2014년 12월 10일 수요일

Interest Rate in Indonesia

     The Bank of Indonesia (BI) decided to increase base interest rate by 25bp, from 7.50% to 7.75%, on November 18 to stabilize inflation rate, and strength the Government’s fuel subsidy reform. The BI aimed to lower the inflation expectation, and ensure that inflationary pressures remain under control. Indonesia’s inflation rate spiked up from 4.8% to 6.2% in a month after the Indonesian president Widodo started his term on October 20. Indonesia already experienced a steep uprising inflation rate when fuel price increased by 22% in mid-2013. Indonesia is again experiences spiking inflation rate even before the reform is implemented.

     This 25bp increased interest rate expects to stabilize consumer price, which strengths the President Widodo’s energy reform. If price is stabilized while fuel subsidy is reduced, the government is likely to save almost IDR120 trillion ($9.6 billion) to use for infrastructure and social welfare including education and medical industries. The government expects this policy to attract more foreign investments.

     Yet there is a concern about the BI’s monetary policy that goes opposite to current monetary policy trend to low the interest rate. The PBOC cut interest rate by 40bps, from 6.0% to 5.4%, and indicates additional interest rate cut in the future, the BOJ put additional stimulus around 80 trillion yen ($682 billion) by expanding quantitative easing, the ECB is expected to add as much as 1 trillion euros ($1.24 trillion).


     Some say that Indonesia’s economic structure is vulnerable to external economy that this increased interest rate will delay economic growth. After quantitative easing is over, rupiah can be dramatically depreciated that another financial crisis will be occurred. Rupiah has been depreciated around 23% from a year earlier, and its current account decreases as oil import increases to catch up the local demand. While GDP rose only 5.01% in Q3, Indonesia’s current account deficit is declined to 3.07%, similar level with financial crisis period.

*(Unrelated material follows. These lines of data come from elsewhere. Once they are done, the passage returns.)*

-- ===== src/Prelude/Space.antt =====
-- `s.trim()`: white space and line terminators of ECMAScript, dropped at both ends.
use Prim.Native.Nat.{ℕ, ◌≤◌}
use mathlib.Core.Path.{◌≡◌, refl}
use mathlib.Core.Logic.{inl, inr}
use mathlib.Core.Bool.{Bool, false, ◌&&◌, ◌||◌}
use mathlib.Core.List.{[], ◌∷◌}
use native.Mathlib.Omega.{arith}
use task_queue_system.Prelude.Tests.{leb, ◌==◌, if◌then◌else◌, Bool-cases}
use task_queue_system.Prelude.Lists.{All, All-map}
use task_queue_system.Prelude.Texts.{Text, is_empty}
use task_queue_system.Prelude.Decimal.{IsDigits}

unfoldable pub is_space : ℕ → Bool
is_space c =
    (leb 9 c && leb c 13)
    || c == 32
    || c == 160
    || c == 0x1680
    || (leb 0x2000 c && leb c 0x200a)
    || c == 0x2028
    || c == 0x2029
    || c == 0x202f
    || c == 0x205f
    || c == 0x3000
    || c == 0xfeff

trim_start : Text → Text
trim_start [] = []
trim_start (c ∷ s) = if is_space c then trim_start s else c ∷ s

trim_end : Text → Text
trim_end [] = []
trim_end (c ∷ s) = let rest = trim_end s in if is_empty rest && is_space c then [] else c ∷ rest

unfoldable pub trim : Text → Text
unfolding trim_start trim_end is_space
trim s = trim_end (trim_start s)

digit_is_not_space : (c : ℕ) → 48 ≤ c → c ≤ 57 → is_space c ≡ false
unfolding is_space
digit_is_not_space c h k = ground arith

trim_start_of_no_space : (s : Text) → All (λ c. is_space c ≡ false) s → trim_start s ≡ s
unfolding trim_start
trim_start_of_no_space [] h = refl
trim_start_of_no_space (c ∷ s) h = rw h.0

trim_end_of_no_space : (s : Text) → All (λ c. is_space c ≡ false) s → trim_end s ≡ s
unfolding trim_end
trim_end_of_no_space [] h = refl
trim_end_of_no_space (c ∷ s) h = ground (arith, trim_end_of_no_space s h.1, h.0)

-- A text without white space has nothing to trim.
pub trim_of_no_space : (s : Text) → All (λ c. is_space c ≡ false) s → trim s ≡ s
unfolding trim
trim_of_no_space s h = rw (trim_start_of_no_space s h) (trim_end_of_no_space s h)

pub trim_of_IsDigits : (s : Text) → IsDigits s → trim s ≡ s
trim_of_IsDigits s h = trim_of_no_space s (All-map s (λ c k. digit_is_not_space c k.0 k.1) h)

module _ {ℓ} (P : ℕ → Type ℓ) where
  trim_start-All : (s : Text) → All P s → All P (trim_start s)
  unfolding trim_start
  trim_start-All [] h = tt
  trim_start-All (c ∷ s) h = elim (Bool-cases (is_space c)) [
    | inl space ↦ rw space (trim_start-All s h.1)
    | inr other ↦ rw other h
  ]

  trim_end-All : (s : Text) → All P s → All P (trim_end s)
  unfolding trim_end
  trim_end-All [] h = tt
  trim_end-All (c ∷ s) h = elim (Bool-cases (is_empty (trim_end s) && is_space c)) [
    | inl gone ↦ rw gone tt
    | inr kept ↦ rw kept (h.0, trim_end-All s h.1)
  ]

  pub trim-All : (s : Text) → All P s → All P (trim s)
  unfolding trim
  trim-All s h = trim_end-All (trim_start s) (trim_start-All s h)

Figure 1Indonesia Current Account to GDP. It is similar level with financial crisis period.
Source: Bank of Indonesia, tradingeconomics.com
     But there is a bright side of Indonesia economy. Unlike financial crisis period, Indonesia’s foreign exchange reserves grows almost 8 times larger; it is large enough to protect exchange rate. Import in oil, which was the majority reason for decline in current account, is decreasing as its consumption declines as a result of energy reform. Indonesia’s financial market is still vulnerable to external sources, but Indonesia has a large domestic market to stabilize economic growth when other countries implement Exit Plan.

Figure 2Indonesia Foreign Exchange Reserve. It is continuously increasing.
Source: Bank of Indonesia, tradingeconomics.com
     The BI’s decision to rise interest rate aims at both stabilizing inflation rate and economic growth at the same time. Even though its economic growth slows down last two quarters, this new interest rate will help the president Widodo’s policy to increase government spending and foreign investment, and recover its growth rate.